§ ABOUT THIS EXERCISE
Some of the lines below need repeating. Reproduce exactly those between the lines holding "filename src/Maps/Scan/Offenders/Complete.antt" and "(key : ℕ) (vals", inclusive.

§ DATASET
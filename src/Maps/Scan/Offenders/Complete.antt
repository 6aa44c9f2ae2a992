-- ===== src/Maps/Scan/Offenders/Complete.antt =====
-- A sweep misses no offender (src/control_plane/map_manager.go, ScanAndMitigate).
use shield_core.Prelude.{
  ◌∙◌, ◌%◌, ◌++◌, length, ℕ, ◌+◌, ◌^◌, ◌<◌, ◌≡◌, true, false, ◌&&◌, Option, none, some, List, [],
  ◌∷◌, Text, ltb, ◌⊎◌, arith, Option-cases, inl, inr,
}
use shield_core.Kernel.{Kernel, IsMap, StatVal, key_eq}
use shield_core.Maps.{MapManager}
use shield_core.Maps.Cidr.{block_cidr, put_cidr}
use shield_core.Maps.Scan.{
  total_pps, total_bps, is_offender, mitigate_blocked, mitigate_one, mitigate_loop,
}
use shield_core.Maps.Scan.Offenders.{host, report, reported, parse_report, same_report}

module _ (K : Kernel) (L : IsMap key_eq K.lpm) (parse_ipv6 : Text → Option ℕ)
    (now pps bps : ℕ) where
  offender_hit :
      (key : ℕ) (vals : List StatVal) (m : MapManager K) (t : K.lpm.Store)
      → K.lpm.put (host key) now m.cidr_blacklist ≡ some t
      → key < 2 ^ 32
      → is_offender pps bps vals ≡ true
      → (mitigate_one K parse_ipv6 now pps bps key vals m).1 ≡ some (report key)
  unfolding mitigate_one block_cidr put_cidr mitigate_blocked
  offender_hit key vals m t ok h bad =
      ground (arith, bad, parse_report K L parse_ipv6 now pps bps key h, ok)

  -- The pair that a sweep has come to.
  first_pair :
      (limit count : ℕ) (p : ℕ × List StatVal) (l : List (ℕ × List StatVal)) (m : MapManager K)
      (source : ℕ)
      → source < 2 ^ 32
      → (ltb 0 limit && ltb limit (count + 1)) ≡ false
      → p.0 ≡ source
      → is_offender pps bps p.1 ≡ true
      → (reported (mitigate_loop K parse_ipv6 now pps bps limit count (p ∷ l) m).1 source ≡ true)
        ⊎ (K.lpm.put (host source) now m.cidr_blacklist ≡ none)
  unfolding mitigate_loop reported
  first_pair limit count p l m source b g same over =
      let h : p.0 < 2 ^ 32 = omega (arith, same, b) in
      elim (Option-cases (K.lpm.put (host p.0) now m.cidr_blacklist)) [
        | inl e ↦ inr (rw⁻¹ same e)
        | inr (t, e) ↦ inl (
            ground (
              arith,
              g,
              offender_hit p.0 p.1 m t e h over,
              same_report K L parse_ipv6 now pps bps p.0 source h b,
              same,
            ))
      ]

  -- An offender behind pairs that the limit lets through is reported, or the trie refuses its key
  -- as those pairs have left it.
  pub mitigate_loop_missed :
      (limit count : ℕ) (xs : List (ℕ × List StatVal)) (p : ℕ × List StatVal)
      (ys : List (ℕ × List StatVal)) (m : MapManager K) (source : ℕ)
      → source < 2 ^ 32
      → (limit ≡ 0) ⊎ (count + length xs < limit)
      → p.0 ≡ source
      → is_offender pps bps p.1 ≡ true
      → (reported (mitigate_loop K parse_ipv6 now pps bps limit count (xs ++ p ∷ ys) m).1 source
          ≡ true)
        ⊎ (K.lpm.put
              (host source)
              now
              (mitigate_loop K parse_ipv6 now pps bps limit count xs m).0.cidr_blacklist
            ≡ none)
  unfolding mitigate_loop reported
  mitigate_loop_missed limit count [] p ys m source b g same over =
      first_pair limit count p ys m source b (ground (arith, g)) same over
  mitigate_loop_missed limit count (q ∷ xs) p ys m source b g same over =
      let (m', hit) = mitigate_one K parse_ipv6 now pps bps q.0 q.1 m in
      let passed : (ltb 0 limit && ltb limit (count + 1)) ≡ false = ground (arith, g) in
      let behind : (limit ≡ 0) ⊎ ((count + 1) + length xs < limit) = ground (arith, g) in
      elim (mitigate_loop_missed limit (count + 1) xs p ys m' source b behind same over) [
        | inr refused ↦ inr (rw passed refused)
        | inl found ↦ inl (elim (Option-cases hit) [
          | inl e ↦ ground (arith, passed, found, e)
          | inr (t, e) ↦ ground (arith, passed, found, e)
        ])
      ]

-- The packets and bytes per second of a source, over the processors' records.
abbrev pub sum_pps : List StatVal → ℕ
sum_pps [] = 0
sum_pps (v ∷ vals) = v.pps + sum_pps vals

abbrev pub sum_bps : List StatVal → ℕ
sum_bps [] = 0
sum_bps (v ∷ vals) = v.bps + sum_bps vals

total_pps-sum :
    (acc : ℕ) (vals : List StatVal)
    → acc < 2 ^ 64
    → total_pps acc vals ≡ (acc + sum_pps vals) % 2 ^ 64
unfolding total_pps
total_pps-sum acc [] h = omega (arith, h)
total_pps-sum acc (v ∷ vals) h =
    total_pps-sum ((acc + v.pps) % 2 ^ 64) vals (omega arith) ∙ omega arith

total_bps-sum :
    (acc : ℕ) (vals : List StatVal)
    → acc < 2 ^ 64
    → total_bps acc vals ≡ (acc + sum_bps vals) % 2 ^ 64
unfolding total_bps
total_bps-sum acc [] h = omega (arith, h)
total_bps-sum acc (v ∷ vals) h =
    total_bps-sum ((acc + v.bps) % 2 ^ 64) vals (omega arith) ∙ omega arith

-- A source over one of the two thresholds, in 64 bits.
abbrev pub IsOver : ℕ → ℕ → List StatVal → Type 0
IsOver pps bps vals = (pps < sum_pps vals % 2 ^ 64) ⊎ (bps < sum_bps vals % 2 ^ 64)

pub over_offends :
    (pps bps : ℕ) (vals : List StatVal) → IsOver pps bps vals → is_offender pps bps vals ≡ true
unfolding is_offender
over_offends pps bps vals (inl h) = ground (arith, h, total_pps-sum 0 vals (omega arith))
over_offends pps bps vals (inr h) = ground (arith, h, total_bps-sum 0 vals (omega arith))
...
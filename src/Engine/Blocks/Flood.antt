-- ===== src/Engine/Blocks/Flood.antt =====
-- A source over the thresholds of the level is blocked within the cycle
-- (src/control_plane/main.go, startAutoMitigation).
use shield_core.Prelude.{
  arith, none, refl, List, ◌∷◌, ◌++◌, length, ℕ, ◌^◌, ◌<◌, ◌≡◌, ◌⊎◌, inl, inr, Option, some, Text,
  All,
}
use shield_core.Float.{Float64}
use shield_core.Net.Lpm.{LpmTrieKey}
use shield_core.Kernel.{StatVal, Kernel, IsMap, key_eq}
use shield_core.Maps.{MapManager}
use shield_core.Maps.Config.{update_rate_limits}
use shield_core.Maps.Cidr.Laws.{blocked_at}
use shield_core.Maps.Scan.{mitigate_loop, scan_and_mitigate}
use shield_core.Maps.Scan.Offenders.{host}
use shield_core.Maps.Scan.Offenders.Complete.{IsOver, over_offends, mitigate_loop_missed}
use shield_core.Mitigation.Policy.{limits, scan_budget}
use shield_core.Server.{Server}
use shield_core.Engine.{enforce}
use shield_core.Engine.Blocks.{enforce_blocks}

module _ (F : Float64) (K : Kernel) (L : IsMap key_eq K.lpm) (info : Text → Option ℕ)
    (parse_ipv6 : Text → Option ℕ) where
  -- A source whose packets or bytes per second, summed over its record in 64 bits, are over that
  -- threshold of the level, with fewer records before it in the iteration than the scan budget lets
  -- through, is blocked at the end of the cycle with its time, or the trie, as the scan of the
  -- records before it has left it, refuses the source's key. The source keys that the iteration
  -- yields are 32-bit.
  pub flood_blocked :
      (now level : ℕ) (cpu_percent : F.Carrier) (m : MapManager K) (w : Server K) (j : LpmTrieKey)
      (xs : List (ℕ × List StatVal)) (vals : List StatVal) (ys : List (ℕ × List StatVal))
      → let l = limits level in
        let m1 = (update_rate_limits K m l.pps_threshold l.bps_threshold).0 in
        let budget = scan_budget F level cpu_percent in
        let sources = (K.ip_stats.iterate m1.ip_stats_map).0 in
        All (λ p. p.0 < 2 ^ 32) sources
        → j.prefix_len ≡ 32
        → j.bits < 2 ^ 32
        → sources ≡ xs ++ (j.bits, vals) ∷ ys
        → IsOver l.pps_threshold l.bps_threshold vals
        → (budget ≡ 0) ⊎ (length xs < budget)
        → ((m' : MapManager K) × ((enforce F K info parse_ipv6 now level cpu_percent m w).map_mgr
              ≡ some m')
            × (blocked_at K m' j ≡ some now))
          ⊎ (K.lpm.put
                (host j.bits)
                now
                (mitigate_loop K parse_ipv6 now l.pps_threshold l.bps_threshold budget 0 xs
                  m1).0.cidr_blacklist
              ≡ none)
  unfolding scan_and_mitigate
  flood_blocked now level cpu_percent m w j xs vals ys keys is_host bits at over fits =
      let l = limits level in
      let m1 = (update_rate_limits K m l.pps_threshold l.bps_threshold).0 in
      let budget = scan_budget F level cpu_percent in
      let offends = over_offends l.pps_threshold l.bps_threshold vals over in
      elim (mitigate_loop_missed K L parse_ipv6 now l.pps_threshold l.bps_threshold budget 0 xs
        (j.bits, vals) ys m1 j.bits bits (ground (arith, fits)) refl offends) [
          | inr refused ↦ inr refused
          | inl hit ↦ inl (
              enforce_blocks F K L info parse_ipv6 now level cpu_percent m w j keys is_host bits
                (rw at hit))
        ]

§ FINAL ANSWER
filename src/Maps/Scan/Offenders/Complete.antt
repository 6aa44c9f2ae2a992
-- ===== src/Maps/Scan/Offenders/Complete.antt =====
-- A sweep misses no offender (src/control_plane/map_manager.go, ScanAndMitigate).
use shield_core.Prelude.{
  ◌∙◌, ◌%◌, ◌++◌, length, ℕ, ◌+◌, ◌^◌, ◌<◌, ◌≡◌, true, false, ◌&&◌, Option, none, some, List, [],
  ◌∷◌, Text, ltb, ◌⊎◌, arith, Option-cases, inl, inr,
}
use shield_core.Kernel.{Kernel, IsMap, StatVal, key_eq}
use shield_core.Maps.{MapManager}
use shield_core.Maps.Cidr.{block_cidr, put_cidr}
use shield_core.Maps.Scan.{
  total_pps, total_bps, is_offender, mitigate_blocked, mitigate_one, mitigate_loop,
}
use shield_core.Maps.Scan.Offenders.{host, report, reported, parse_report, same_report}

module _ (K : Kernel) (L : IsMap key_eq K.lpm) (parse_ipv6 : Text → Option ℕ)
    (now pps bps : ℕ) where
  offender_hit :
      (key : ℕ) (vals : List StatVal) (m : MapManager K) (t : K.lpm.Store)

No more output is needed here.